China Suspends Rare-Earth and Critical Mineral Export Curbs | Samarium
China Suspends Rare-Earth and Critical Mineral Export Curbs
Published on 11/10/2025
China
United States
Japan & South Korea
Mining
China suspended export controls on rare earths and critical minerals after Xi–Trump talks, signaling a temporary easing of strategic export restrictions.
Beijing has suspended a set of export controls on critical minerals and processing technologies used in semiconductors, lithium batteries and military hardware for one year.
The measures, first announced Oct. 9, 2025, cover select rare earth elements, lithium battery materials and processing technologies; authorities also rolled back December 2024 curbs on gallium, germanium, antimony and super-hard materials such as synthetic diamonds and boron nitrides.
The suspension includes easing end-user and end-use verification checks on dual-use graphite shipments to the U.S. China classifies these inputs as dual-use because they can serve both civilian and military applications.
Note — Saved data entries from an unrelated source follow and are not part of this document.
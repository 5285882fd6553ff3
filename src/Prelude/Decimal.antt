-- ===== src/Prelude/Decimal.antt =====
-- `std::to_string` of an unsigned number, and that its text determines the number.
use native.Mathlib.Omega.{arith}
use packet_switch.Prelude.{
  ℕ, zero, suc, ◌+◌, ◌-◌, ◌*◌, ◌/◌, ◌%◌, ◌<◌, ◌≡◌, refl, ◌≢◌, ap, [], ◌∷◌, ◌++◌, ltb, if◌then◌else◌,
  All, All-append, Bool-cases, inl, inr,
}
use packet_switch.Prelude.Texts.{Text}

-- Each division by ten falls below the fuel.
unfoldable pub decimal_upto : ℕ → ℕ → Text
decimal_upto zero n = []
decimal_upto (suc fuel) n =
    let rest = decimal_upto fuel (n / 10) in
    if ltb n 10 then (b'0' + n) ∷ [] else rest ++ (b'0' + n % 10) ∷ []

unfoldable pub decimal : ℕ → Text
unfolding decimal_upto
decimal n = decimal_upto (suc n) n

decimal_runs : decimal 40960 ≡ b'4' ∷ b'0' ∷ b'9' ∷ b'6' ∷ b'0' ∷ []
unfolding decimal
decimal_runs = refl

value_from : ℕ → Text → ℕ
value_from acc [] = acc
value_from acc (c ∷ t) = value_from (acc * 10 + (c - b'0')) t

value_from-snoc :
    (acc : ℕ) (t : Text) (c : ℕ) → value_from acc (t ++ c ∷ []) ≡ value_from acc t * 10 + (c - b'0')
unfolding value_from
value_from-snoc acc [] c = refl
value_from-snoc acc (d ∷ t) c = value_from-snoc (acc * 10 + (d - b'0')) t c

value-decimal_upto : (fuel n : ℕ) → n < fuel → value_from 0 (decimal_upto fuel n) ≡ n
unfolding decimal_upto value_from
value-decimal_upto zero n h = absurd (omega arith)
value-decimal_upto (suc fuel) n h = elim (Bool-cases (ltb n 10)) [
  | inl small ↦ rw small (omega arith)
  | inr large ↦ rw (large, value_from-snoc) (ground (arith, value-decimal_upto fuel (n / 10)))
]

-- Numbers with one text are equal.
pub decimal_injective : (m n : ℕ) → decimal m ≡ decimal n → m ≡ n
unfolding decimal
decimal_injective m n h = omega (
  arith,
  value-decimal_upto (suc m) m (omega arith),
  value-decimal_upto (suc n) n (omega arith),
  ap (value_from 0) h,
)

-- No digit is a colon.
decimal_upto-digits : (fuel n : ℕ) → All (λ c. c ≢ b':') (decimal_upto fuel n)
unfolding decimal_upto
decimal_upto-digits zero n = tt
decimal_upto-digits (suc fuel) n = elim (Bool-cases (ltb n 10)) [
  | inl small ↦ rw small ((ground arith), tt)
  | inr large ↦ rw large (
      All-append (λ c. c ≢ b':') (decimal_upto fuel (n / 10)) ((b'0' + n % 10) ∷ [])
        (decimal_upto-digits fuel (n / 10), (omega arith, tt)))
]

pub decimal-digits : (n : ℕ) → All (λ c. c ≢ b':') (decimal n)
unfolding decimal
decimal-digits n = decimal_upto-digits (suc n) n

-- A text without a colon before a colon can be split off again.
pub colon_injective :
    (s t u v : Text)
    → All (λ c. c ≢ b':') s
    → All (λ c. c ≢ b':') t
    → s ++ b':' ∷ u ≡ t ++ b':' ∷ v
    → (s ≡ t) × (u ≡ v)
colon_injective [] [] u v h k e = ground arith
colon_injective [] (y ∷ t) u v h k e = ground arith
colon_injective (x ∷ s) [] u v h k e = ground arith
colon_injective (x ∷ s) (y ∷ t) u v h k e = ground (arith, colon_injective s t u v h.1 k.1)
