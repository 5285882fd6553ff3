-- ===== src/Topology.antt =====
-- src/topology.cpp and include/wirelab/topology.hpp: the check of a topology configuration.
pub mod Shape
pub mod Links
pub mod Create
use packet_switch.Prelude.{
  ℕ, suc, ◌+◌, Bool, true, false, not, ◌&&◌, ◌||◌, Option, none, some, List, [], ◌∷◌, ◌++◌, ◌==◌,
  ltb, if◌then◌else◌, Expected, ok, unexpected, length, get_elem?, any_of,
}
use packet_switch.Prelude.Int.{ℤ, pos, ltzb}
use packet_switch.Prelude.Texts.{Text, text_eq, text_lt, is_empty, text_discrete}

pub data TopologyNodeType : Type 0 where
  host switch : TopologyNodeType

pub data TopologyValidationError : Type 0 where
  missing_name missing_nodes missing_node_id duplicate_node_id : TopologyValidationError
  missing_switch multiple_switches unknown_link_endpoint self_link : TopologyValidationError
  duplicate_link invalid_link_shape negative_latency : TopologyValidationError

pub record TopologyNode : Type 0 where
  pub id : Text
  pub type : TopologyNodeType

pub record TopologyLink : Type 0 where
  pub from : Text
  pub to : Text
  pub latency : ℤ

pub record TopologyConfiguration : Type 0 where
  pub name : Text
  pub nodes : List TopologyNode
  pub links : List TopologyLink

pub record Topology : Type 0 where
  pub configuration : TopologyConfiguration
  pub switch_index : ℕ

abbrev pub link_key : Text → Text → Text
link_key first second = if text_lt first second then first ++ 0 ∷ second else second ++ 0 ∷ first

abbrev pub is_switch : TopologyNode → Bool
is_switch node = elim node.type [ switch ↦ true | host ↦ false ]

abbrev pub is_host : TopologyNode → Bool
is_host node = not (is_switch node)

-- `find` in an `unordered_set` of strings.
abbrev pub member : Text → List Text → Bool
member t seen = any_of (text_eq t) seen

-- What the loop over the nodes has gathered.
pub record Scan : Type 0 where
  pub node_ids : List Text
  pub switch_count : ℕ
  pub switch_index : ℕ

-- A node passed its checks: its id is in the set, and a switch is counted and located.
abbrev pub record_node : ℕ → Scan → TopologyNode → Scan
record_node index s node = record {
  node_ids = node.id ∷ s.node_ids;
  switch_count = if is_switch node then s.switch_count + 1 else s.switch_count;
  switch_index = if is_switch node then index else s.switch_index;
}

-- The loop over the nodes, from an index on.
unfoldable pub scan_nodes : ℕ → Scan → List TopologyNode → Expected Scan TopologyValidationError
scan_nodes index s [] = ok s
scan_nodes index s (node ∷ nodes) =
    let rest = scan_nodes (suc index) (record_node index s node) nodes in
    if is_empty node.id
    then unexpected missing_node_id
    else if member node.id s.node_ids
    then unexpected duplicate_node_id
    else rest

-- The loop over the links.
unfoldable pub check_links :
    List Text → Text → List Text → List TopologyLink → Expected (Unit {0}) TopologyValidationError
check_links ids switch_id keys [] = ok tt
check_links ids switch_id keys (link ∷ links) =
    let key = link_key link.from link.to in
    let rest = check_links ids switch_id (key ∷ keys) links in
    if text_eq link.from link.to
    then unexpected self_link
    else if not (member link.from ids) || not (member link.to ids)
    then unexpected unknown_link_endpoint
    else if member key keys
    then unexpected duplicate_link
    else if ltzb link.latency (pos 0)
    then unexpected negative_latency
    else elim (text_eq link.from switch_id) [
      | true ↦ if text_eq link.to switch_id then unexpected invalid_link_shape else rest
      | false ↦ if text_eq link.to switch_id then rest else unexpected invalid_link_shape
    ]

-- `configuration.nodes[index].id`; out of range never happens, since the index is a node's.
abbrev pub id_at : List TopologyNode → ℕ → Text
id_at nodes index = elim (get_elem? nodes index) [ none ↦ [] | some node ↦ node.id ]

abbrev pub empty_scan : Scan
empty_scan = record { node_ids = []; switch_count = 0; switch_index = 0 }

infixl 5 ◌>>=◌
abbrev pub ◌>>=◌ {ℓ κ} :
    {A : Type ℓ} {B : Type κ}
    → Expected A TopologyValidationError
    → (A → Expected B TopologyValidationError)
    → Expected B TopologyValidationError
ok a >>= f = f a
unexpected e >>= f = unexpected e

-- The part of `create` after the loop over the nodes.
unfoldable pub finish : TopologyConfiguration → Scan → Expected Topology TopologyValidationError
finish c s =
    if s.switch_count == 0
    then unexpected missing_switch
    else if ltb 1 s.switch_count
    then unexpected multiple_switches
    else do
      _ ← check_links s.node_ids (id_at c.nodes s.switch_index) [] c.links
      ok (record { configuration = c; switch_index = s.switch_index })

unfoldable pub create : TopologyConfiguration → Expected Topology TopologyValidationError
unfolding finish
create c =
    if is_empty c.name
    then unexpected missing_name
    else if is_empty c.nodes
    then unexpected missing_nodes
    else do s ← scan_nodes 0 empty_scan c.nodes; finish c s

unfoldable pub switch_node : Topology → Option TopologyNode
switch_node t = get_elem? t.configuration.nodes t.switch_index

unfoldable pub port_count : Topology → ℕ
port_count t = length t.configuration.links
The move follows talks between Presidents Xi and Trump on Oct. 30 in Busan and is part of a broader trade understanding that includes U.S. concessions: a 10-percentage-point tariff reduction on Chinese imports, suspension of reciprocal tariffs until Nov. 10, 2026, and a delay to a U.S. blacklist rule affecting Chinese subsidiaries.
China’s dominance of rare-earth and critical-mineral supply chains has given Beijing leverage in tech-era trade disputes, and the suspension signals a tentative de-escalation in strategic export controls.